Janis Cimermanis est un réalisateur de films de marionnettes et depuis plus de dix ans, il donne en plusieurs séries de courts métrages sa vision animée du monde. Les Trois Mousquetaires, son deuxième long après Prop & Berta (2000) a été créé au sein du Studio AB (Animacijas Brigade – la Brigade de l’Animation). Ce studio situé à Riga existe depuis quarante ans et travaille de manière traditionnelle (image par image) avec une équipe de fous de la marionnette. C’est dire que cette énième adaptation du célèbre roman d’Alexandre Dumas foisonne de délicats détails : des costumes aux décors, la richesse du rendu impressionne. Il n’en reste pas moins que les mésaventures de D’Artagnan manquent de panache et si les pantins sont amusants, la mise en scène évite tout suspense.
Athos, Aramis, Porthos, Milady, Rochefort et les autres auront été incarnés depuis le début du cinématographe plus d’une vingtaine de fois.
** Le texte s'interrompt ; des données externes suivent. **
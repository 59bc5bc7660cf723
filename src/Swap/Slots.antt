-- ===== src/Swap/Slots.antt =====
-- The counter of used slots counts them.
use hobbyos.Base.{
  ℕ, zero, suc, ◌+◌, ◌-◌, ◌<◌, ◌≡◌, refl, sym, ◌∙◌, Bool, true, false, ◌&&◌, not, Option, none,
  some, List, [], ◌∷◌, ltb, if◌then◌else◌, length, get_or, set, replicate, length-set,
  length-replicate, find_from-some, find_from-none, find_index, get_or-set_self, arith, Bool-cases,
  inl, inr,
}
use hobbyos.Swap.{Swap, swap_init, take_slot, swap_alloc_slot, swap_free_slot, swap_max_pages}

abbrev pub used_in : List Bool → ℕ
used_in [] = 0
used_in (b ∷ bs) = (if b then 1 else 0) + used_in bs

pub record IsSwap (s : Swap) : Type 0 where
  pub size : length s.swap_slots ≡ swap_max_pages
  pub counted : s.swap_used ≡ used_in s.swap_slots

used_in-set :
    (bs : List Bool) (i : ℕ) (b : Bool)
    → i < length bs
    → used_in (set bs i b) + (if get_or bs i false then 1 else 0)
      ≡ used_in bs + (if b then 1 else 0)
used_in-set [] i b h = absurd (omega arith)
used_in-set (x ∷ bs) zero b h = omega arith
used_in-set (x ∷ bs) (suc i) b h = omega (arith, used_in-set bs i b (omega arith))

used_in-none : (n : ℕ) → used_in (replicate n false) ≡ 0
used_in-none zero = refl
used_in-none (suc n) = omega (arith, used_in-none n)

-- How an allocation ends: every slot is used and nothing changes, or a slot that was not used is.
pub data TakesSlot (s : Swap) : Option ℕ × Swap → Type 0 where
  full :
      ((i : ℕ) → i < length s.swap_slots → get_or s.swap_slots i false ≡ true)
      → TakesSlot s (none, s)
  taken :
      (i : ℕ) (s' : Swap)
      → i < swap_max_pages
      → get_or s.swap_slots i false ≡ false
      → get_or s'.swap_slots i false ≡ true
      → s'.swap_used ≡ s.swap_used + 1
      → IsSwap s'
      → TakesSlot s (some i, s')

take_slot-TakesSlot :
    (s : Swap) (o : Option ℕ)
    → IsSwap s
    → find_index not s.swap_slots ≡ o
    → TakesSlot s (take_slot o s)
unfolding take_slot
take_slot-TakesSlot s none h e =
    TakesSlot.full (λ i l. ground (arith, find_from-none not 0 s.swap_slots i false e l))
take_slot-TakesSlot s (some i) h e =
    let (lo, hi, hit) = find_from-some not 0 s.swap_slots i false e in
    let at_i : i - 0 ≡ i = omega arith in
    let was : not (get_or s.swap_slots i false) ≡ true = rw at_i at hit in
    let inside : i < length s.swap_slots = omega (arith, hi) in
    let free : get_or s.swap_slots i false ≡ false = ground (arith, was) in
    TakesSlot.taken i _ (omega (arith, inside, h.size)) free
      (get_or-set_self s.swap_slots i true false inside) refl
      (record {
        size = length-set s.swap_slots i true ∙ h.size;
        counted = ground (arith, used_in-set s.swap_slots i true inside, h.counted, free);
      })

-- On well-formed slots an allocation ends in one of these ways.
pub alloc_slot-TakesSlot : (s : Swap) → IsSwap s → TakesSlot s (swap_alloc_slot s)
unfolding swap_alloc_slot
alloc_slot-TakesSlot s h = take_slot-TakesSlot s (find_index not s.swap_slots) h refl

after_alloc : (s : Swap) (r : Option ℕ × Swap) → IsSwap s → TakesSlot s r → IsSwap r.1
after_alloc s r h (TakesSlot.full e) = h
after_alloc s r h (TakesSlot.taken i s' inside free used more h') = h'

free_slot-IsSwap : (s : Swap) (i : ℕ) → IsSwap s → IsSwap (swap_free_slot i s)
unfolding swap_free_slot
free_slot-IsSwap s i h = elim (Bool-cases (ltb i swap_max_pages && get_or s.swap_slots i false)) [
  | inr idle ↦ rw idle h
  | inl busy ↦
      (let inside : i < length s.swap_slots = ground (arith, busy, h.size) in
        rw busy (record {
          size = length-set s.swap_slots i false ∙ h.size;
          counted = ground (arith, used_in-set s.swap_slots i false inside, h.counted, busy);
        }))
]

-- Sequences of allocations and frees, of any slots.
pub data SwapSteps : Swap → Type 0 where
  init : SwapSteps swap_init
  allocs : (s : Swap) → SwapSteps s → SwapSteps (swap_alloc_slot s).1
  frees : (i : ℕ) (s : Swap) → SwapSteps s → SwapSteps (swap_free_slot i s)

-- After any allocations and frees, in any order and of any slots, `swap_used` is the number of slots
-- that are marked as used.
pub steps-IsSwap : (s : Swap) → SwapSteps s → IsSwap s
unfolding swap_init
steps-IsSwap _ SwapSteps.init = record {
  size = length-replicate {A = Bool} swap_max_pages false;
  counted = sym (used_in-none swap_max_pages);
}
steps-IsSwap _ (SwapSteps.allocs s h) =
    let w = steps-IsSwap s h in after_alloc s _ w (alloc_slot-TakesSlot s w)
steps-IsSwap _ (SwapSteps.frees i s h) = free_slot-IsSwap s i (steps-IsSwap s h)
Après la première adaptation, celle de Calmettes et Pouctal (1913), viennent celles d’Henri Diamant-Berger, (en 1921 et en 1933), d’André Hunebelle (1953) avec un irrésistible Bourvil en Planchet, ou celle de Bernard Borderie (1961). De récentes versions télévisées ont rendu grâce aux silhouettes d’Emmanuelle Béart et d’Arielle Dombasle, toutes deux en garce Milady. Le roman a forcément traversé l’Atlantique : George Sidney a, lui, confié le rôle de Milady à Lana Turner pour la version de 1948, et Richard Lester à Faye Dunaway en 1973. Vingt ans plus tard, Kiefer Sutherland, Chris O’Donnell, Rebecca De Mornay, Julie Delpy, Oliver Platt continuent à défendre les intérêts d’Anne d’Autriche ou à comploter contre elle dans le film de Stephen Herek. Mais les adaptations les plus réussies car librement inspirées et joyeusement insolentes restent celle de Max Linder, L’Étroit Mousquetaire (1923) et dans un tout autre registre, La Fille de D’Artagnan de Bertrand Tavernier (1994). Les deux dernières versions du roman d’Alexandre Dumas sont, hasard du calendrier, des films d’animation : Walt Disney en 2004 et Janis Cimermanis en 2005.
Et il est bien vrai que la douce Constance, l’ardent d’Artagnan, le romantique Aramis, la maléfique Milady, le drôle Planchet ou le jaloux Richelieu, sont autant des figures de drame que de comédie. Le genre cape et d’épée, et surtout avec Les Trois Mousquetaires, distille l’aventure en travaillant tous les sentiments humains, les contradictions, les blessures, les amours. Il y a des morts et des vainqueurs, des méchants punis et des gentils récompensés. La Milady, notamment, personnage complexe, est la garce la plus espérée mais hélas, chez Janis Cimermanis, n’apparaît que deux ou trois fois. Son rôle est édulcoré et d’ailleurs, dans le film, ne reste que les bons et Constance ne meurt même pas. Notons d’ailleurs que les voix off ne collent guère aux personnages. La trame narrative a tellement été réduite que certaines actions sont incompréhensibles (lorsque les trois mousquetaires se retrouvent – pourquoi ? comment ? – à suivre d’Artagnan pour l’Angleterre, par exemple). Le scénario s’épuise très rapidement et aucun effet de mise en scène ne vient palier la dure réalité : le manque de suspense. Certes, les déboires de la reine sont bien connus mais la façon de traiter et de donner rythme à l’histoire ne convainc pas.
Et finalement, dans cette obsession du détail, l’anecdotique passe avant le récit. Car la prouesse technique (30 minutes de film demande 65 000 heures de travail – quatre ans de tournage donc), la prouesse technique donc – faire bouger au plus naturel ces bras, ces jambes, ces joues – étouffe la narration. Le regard est surtout porté sur le luxe déployé dans les costumes, les décors, la gestuelle. L’attention se libère et le film n’est plus qu’une suite de tableaux amusants mais anodins de l’histoire d’Alexandre Dumas.